After 6pm, everything in my office turns off automatically. I may never know whether the building is telling me to go home and have a real life or the system is just conserving power. But, what I do know is that it’s totally creepy. I’ll be sitting at my desk and all the lights flicker off and on, just like it always does in the slasher flicks when the big bad is entering the building, or rounding the corner with a butcher’s knife. They say the flickering is a reminder to anyone still in the building to walk over and re-set the timer. But isn’t there always a perfectly simple explanation, in those movies, for all the creepy things; an explanation, just plausible enough, to convince the next victim to remain in their dangerous and isolated position?

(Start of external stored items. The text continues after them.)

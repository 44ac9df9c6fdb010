-- ===== src/Fs/View.antt =====
-- A transaction seen as a layout and a queue.
use mathlib.Core.Path.{fun_ext}
use metal_fs.Base.{ℕ, ◌≡◌, none, some, arith}
use metal_fs.Fs.Types.{NodeId, Extent}
use metal_fs.Fs.State.{Databases, Txn}
use metal_fs.Fs.Tiling.{Layout, update}
use metal_fs.Fs.Space.{Queue, enqueue, IsConsistent}

module _ (L : Databases) where
  abbrev pub layout : Txn L → Layout
  layout t = λ o. L.extents.get t.extents o

  abbrev pub queue : Txn L → Queue
  queue t = λ n. L.heap.get t.heap n

  -- The invariant of the allocator, for a storage of `blocks` blocks.
  abbrev pub IsValid : ℕ → Txn L → Type 0
  IsValid blocks t = IsConsistent blocks (layout t) (queue t)

  open L use {extents, heap}

  pub extents-put :
      (d : extents.Db) (k : ℕ) (e : Extent)
      → extents.get (extents.put d k e) ≡ update (extents.get d) k (some e)
  unfolding update
  extents-put d k e =
      fun_ext λ j. ground (arith, extents.get-put_self d k e, extents.get-put_ne d k j e)

  pub extents-del :
      (d : extents.Db) (k : ℕ) → extents.get (extents.del d k) ≡ update (extents.get d) k none
  unfolding update
  extents-del d k = fun_ext λ j. ground (arith, extents.get-del_self d k, extents.get-del_ne d k j)

  pub heap-put :
      (d : heap.Db) (n : NodeId) (v : ℕ)
      → heap.get (heap.put d n v) ≡ enqueue (heap.get d) n (some v)
  unfolding enqueue
  heap-put d n v = fun_ext λ m. ground (arith, heap.get-put_self d n v, heap.get-put_ne d n m v)

  pub heap-del : (d : heap.Db) (n : NodeId) → heap.get (heap.del d n) ≡ enqueue (heap.get d) n none
  unfolding enqueue
  heap-del d n = fun_ext λ m. ground (arith, heap.get-del_self d n, heap.get-del_ne d n m)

If the lights thing isn’t enough to creep you out, and it should be, (Seriously, how brave are you?) the building also goes silent at 6pm. I don’t mean people have gone so there’s no more talking and moving about. Nope, all the buzzing, humming and wooshing noises that the building usually makes go away. At first I thought…”well that’s good, it’ll be way easier to hear someone sneaking up behind me with a butcher’s knife”. But there is no way to overstate how creepy silence can be. Sure in movies there is the ominous music, and that freaks me out, but I think silence is worse somehow. Maybe just the proof becasue it is proof that no one is there to hear you scream?
PS. I’ve been told the sounds go away because the ventilation system automatically turns off. Like that supposed to be better? Now it’s not just the somewhat-imaginary big bad that I have to worry about, but the whole building is actually trying to kill me slowly by asphyxiation. Great.
PPS. I’m now told that no one is trying to kill me and that I’m paranoid. Well FYI, you can be paranoid and still have people trying to kill you; they are not mutually exclusive.
PPPS. I think I may be working too much…and where are all these bad guys getting butcher’s knives?
Writing Exercise:
The mood of tv shows and movies is set, in great part, by the score. Sure the actors and writers have a great deal to do with it too, but the musical accompaniment and sound effects can take something silly and make it scary and vice versa. When done subtly, viewers may not even realize there is music playing to set the scene; we just feel the emotions rising.
Test this for yourself. Take a show you find frightening and turn off the volume. (This works better in a scene where there isn’t dialogue.) I’ll wait…
There, see? Way less scary.
I’ve found that the sound track that’s playing when I write can affect me, and the scene I’m writing, as much as the score of my favourite movie affects me as a viewer. This can be the music I’m actually listening to or the soundtrack that plays in my head (they sometimes appear with a scene, entering like an unexpected character). Does music affect your writing?
Choose several upbeat songs that inspire you to happiness. While listening to the songs, begin writing a scene. (If you need help to get a scene going, try one of the writing prompts from a previous post.) After five minutes, switch to a pre-prepared set of songs that you find frightening, dark or violent, and continue to write the same scene. After ten minutes (or longer if you’re in the groove) stop and re-read what you wrote, noting when the music changed.
Did the music throw you off or inspire you? Did the story change or twist as the music altered?
Happy writing.
Sharing: – I wrote the following as part of a scene that was inspired by the first time I wore a Sari. I was so excited, and I thought I looked beautiful, but I was convinced I was about to be naked any second because they are held on by friction, folds and wishful thinking.
I’m about to be naked. Not by choice. No, I am about to expose my lily white but begonia bumpy ass to the room because “Saris on white girls are hot.” One stumbling step was my downfall, then time slowed as yards of artfully folded fabric reverted to their natural state, trailing behind me like someone had spilled the sunset.